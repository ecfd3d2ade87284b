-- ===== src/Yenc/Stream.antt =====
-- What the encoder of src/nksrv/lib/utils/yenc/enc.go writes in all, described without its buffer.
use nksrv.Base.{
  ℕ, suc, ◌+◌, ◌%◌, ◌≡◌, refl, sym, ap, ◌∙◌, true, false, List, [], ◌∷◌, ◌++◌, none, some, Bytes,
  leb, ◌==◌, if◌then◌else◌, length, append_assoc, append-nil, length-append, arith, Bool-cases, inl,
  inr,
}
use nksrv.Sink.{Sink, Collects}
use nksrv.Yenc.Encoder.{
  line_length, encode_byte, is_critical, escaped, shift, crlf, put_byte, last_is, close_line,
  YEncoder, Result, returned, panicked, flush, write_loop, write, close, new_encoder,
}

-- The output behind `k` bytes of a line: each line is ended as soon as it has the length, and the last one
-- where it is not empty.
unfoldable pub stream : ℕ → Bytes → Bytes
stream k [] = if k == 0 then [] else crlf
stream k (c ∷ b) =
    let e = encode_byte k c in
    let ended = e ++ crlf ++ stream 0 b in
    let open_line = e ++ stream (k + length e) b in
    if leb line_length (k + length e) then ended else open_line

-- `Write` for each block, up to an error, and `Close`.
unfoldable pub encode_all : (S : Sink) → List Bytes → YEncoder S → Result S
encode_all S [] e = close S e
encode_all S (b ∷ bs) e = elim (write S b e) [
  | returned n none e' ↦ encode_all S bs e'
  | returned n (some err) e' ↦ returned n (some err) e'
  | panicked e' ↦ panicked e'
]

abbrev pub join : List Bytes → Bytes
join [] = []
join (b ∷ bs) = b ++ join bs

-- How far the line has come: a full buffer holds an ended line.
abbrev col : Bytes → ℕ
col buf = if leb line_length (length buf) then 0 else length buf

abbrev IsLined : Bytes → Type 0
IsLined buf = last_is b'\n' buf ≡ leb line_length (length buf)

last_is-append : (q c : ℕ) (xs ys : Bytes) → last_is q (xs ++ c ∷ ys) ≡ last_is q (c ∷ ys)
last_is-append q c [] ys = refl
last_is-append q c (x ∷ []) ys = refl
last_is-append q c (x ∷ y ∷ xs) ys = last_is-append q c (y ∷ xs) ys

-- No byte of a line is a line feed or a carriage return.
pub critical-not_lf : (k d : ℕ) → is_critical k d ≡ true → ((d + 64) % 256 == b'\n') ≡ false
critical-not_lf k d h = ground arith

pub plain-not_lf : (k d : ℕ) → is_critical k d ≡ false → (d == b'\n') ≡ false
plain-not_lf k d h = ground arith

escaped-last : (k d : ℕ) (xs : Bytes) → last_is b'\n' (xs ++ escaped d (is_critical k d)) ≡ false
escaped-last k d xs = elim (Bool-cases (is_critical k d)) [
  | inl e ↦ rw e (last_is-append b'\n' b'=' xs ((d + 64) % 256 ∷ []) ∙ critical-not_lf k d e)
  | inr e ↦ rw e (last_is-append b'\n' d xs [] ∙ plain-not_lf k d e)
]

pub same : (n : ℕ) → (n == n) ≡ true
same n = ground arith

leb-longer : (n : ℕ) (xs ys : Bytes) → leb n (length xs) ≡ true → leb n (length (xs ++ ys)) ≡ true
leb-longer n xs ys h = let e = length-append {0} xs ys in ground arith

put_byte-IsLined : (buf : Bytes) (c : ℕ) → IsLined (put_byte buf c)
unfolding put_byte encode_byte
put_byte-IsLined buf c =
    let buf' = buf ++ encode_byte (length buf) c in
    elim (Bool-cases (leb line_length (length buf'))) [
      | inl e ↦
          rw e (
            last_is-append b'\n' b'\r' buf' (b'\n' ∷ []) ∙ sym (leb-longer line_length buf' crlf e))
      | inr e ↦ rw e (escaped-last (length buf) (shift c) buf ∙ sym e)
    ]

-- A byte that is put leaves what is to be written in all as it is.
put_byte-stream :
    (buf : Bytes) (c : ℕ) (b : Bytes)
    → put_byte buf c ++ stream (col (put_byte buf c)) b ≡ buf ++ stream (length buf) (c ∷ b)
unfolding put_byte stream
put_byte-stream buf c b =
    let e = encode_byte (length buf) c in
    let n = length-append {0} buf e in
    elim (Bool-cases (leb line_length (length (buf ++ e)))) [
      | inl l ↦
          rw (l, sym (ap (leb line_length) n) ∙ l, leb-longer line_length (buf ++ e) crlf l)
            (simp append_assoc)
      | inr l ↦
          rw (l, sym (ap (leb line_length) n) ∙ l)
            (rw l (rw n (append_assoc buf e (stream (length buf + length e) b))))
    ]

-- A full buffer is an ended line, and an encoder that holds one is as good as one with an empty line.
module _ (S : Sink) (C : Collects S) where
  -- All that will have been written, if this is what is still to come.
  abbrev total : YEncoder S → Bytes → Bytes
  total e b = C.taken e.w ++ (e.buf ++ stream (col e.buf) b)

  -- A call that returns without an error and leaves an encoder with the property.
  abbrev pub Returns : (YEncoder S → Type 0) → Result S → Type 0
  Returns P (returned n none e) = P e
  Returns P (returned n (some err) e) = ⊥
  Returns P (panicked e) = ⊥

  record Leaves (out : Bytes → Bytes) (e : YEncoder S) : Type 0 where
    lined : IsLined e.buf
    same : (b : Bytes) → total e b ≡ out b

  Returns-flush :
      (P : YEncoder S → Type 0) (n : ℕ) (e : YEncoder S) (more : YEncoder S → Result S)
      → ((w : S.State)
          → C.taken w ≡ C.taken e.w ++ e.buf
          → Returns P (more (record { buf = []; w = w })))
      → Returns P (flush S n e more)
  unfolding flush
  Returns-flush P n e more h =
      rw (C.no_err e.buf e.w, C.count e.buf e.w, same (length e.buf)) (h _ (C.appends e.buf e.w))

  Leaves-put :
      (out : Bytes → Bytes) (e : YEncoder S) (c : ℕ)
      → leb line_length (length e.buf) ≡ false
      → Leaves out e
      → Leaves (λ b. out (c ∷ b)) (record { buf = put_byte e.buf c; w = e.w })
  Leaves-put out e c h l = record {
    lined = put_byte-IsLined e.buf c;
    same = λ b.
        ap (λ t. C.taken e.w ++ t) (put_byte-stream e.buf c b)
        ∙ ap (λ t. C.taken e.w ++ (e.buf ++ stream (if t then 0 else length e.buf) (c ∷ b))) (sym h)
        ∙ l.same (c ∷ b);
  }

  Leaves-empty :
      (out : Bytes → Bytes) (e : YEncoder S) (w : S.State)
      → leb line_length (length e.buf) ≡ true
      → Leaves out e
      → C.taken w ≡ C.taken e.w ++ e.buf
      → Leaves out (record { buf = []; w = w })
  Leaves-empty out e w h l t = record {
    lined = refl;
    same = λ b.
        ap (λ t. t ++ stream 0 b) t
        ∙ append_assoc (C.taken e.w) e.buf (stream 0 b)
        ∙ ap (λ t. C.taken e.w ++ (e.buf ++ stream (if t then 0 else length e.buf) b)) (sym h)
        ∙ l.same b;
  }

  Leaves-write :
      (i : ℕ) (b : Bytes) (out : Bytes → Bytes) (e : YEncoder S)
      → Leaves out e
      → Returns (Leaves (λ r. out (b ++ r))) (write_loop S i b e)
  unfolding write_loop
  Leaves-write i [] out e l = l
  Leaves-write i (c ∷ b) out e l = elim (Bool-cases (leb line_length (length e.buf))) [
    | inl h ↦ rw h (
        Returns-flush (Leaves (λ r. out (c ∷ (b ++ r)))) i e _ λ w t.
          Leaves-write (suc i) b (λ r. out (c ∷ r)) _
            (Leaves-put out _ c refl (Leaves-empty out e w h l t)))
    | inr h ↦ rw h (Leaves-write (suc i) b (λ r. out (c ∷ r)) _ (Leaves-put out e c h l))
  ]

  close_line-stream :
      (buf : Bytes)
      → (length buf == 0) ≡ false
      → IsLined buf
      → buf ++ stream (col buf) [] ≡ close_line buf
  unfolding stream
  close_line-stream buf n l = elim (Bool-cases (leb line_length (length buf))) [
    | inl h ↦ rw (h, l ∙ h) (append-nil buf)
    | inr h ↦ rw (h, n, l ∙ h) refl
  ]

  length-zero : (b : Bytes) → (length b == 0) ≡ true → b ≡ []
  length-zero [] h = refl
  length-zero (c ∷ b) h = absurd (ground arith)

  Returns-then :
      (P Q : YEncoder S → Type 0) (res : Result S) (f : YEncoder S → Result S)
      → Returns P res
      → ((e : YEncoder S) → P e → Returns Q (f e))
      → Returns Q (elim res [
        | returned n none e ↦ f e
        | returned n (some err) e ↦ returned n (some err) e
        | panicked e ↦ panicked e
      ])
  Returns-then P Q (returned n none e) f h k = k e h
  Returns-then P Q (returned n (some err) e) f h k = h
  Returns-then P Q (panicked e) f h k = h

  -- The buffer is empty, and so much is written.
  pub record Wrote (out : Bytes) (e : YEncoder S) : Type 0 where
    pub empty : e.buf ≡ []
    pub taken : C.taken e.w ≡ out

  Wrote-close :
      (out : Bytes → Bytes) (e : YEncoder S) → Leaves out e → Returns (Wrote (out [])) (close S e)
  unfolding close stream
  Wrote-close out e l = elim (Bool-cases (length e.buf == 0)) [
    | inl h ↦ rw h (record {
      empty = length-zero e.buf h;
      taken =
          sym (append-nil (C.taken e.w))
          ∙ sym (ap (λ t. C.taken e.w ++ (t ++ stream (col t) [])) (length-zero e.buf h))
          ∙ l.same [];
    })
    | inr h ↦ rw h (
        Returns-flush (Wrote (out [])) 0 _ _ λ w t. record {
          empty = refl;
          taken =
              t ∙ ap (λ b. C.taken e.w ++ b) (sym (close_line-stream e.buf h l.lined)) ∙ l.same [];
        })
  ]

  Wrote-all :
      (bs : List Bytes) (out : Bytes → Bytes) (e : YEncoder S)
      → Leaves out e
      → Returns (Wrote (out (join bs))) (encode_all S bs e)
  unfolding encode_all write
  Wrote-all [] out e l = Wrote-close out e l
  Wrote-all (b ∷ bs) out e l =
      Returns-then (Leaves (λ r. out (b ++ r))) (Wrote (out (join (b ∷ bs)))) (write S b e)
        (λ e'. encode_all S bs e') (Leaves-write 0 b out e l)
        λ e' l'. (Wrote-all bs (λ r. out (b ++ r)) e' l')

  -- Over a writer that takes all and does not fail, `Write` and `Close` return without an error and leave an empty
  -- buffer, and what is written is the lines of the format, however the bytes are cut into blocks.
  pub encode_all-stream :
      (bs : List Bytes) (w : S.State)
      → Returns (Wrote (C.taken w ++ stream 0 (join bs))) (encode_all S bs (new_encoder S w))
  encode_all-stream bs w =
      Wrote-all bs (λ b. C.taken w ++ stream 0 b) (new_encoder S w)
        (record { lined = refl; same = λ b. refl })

··········

- [WORK INSTRUCTION]:
Copy the entries above exactly, but only from the line holding "(P : YEncoder" through the line holding "Returns-flush P n", both included.

- [EXERCISE OUTPUT]:
      (P : YEncoder S → Type 0) (n : ℕ) (e : YEncoder S) (more : YEncoder S → Result S)
      → ((w : S.State)
          → C.taken w ≡ C.taken e.w ++ e.buf
          → Returns P (more (record { buf = []; w = w })))
      → Returns P (flush S n e more)
  unfolding flush
  Returns-flush P n e more h =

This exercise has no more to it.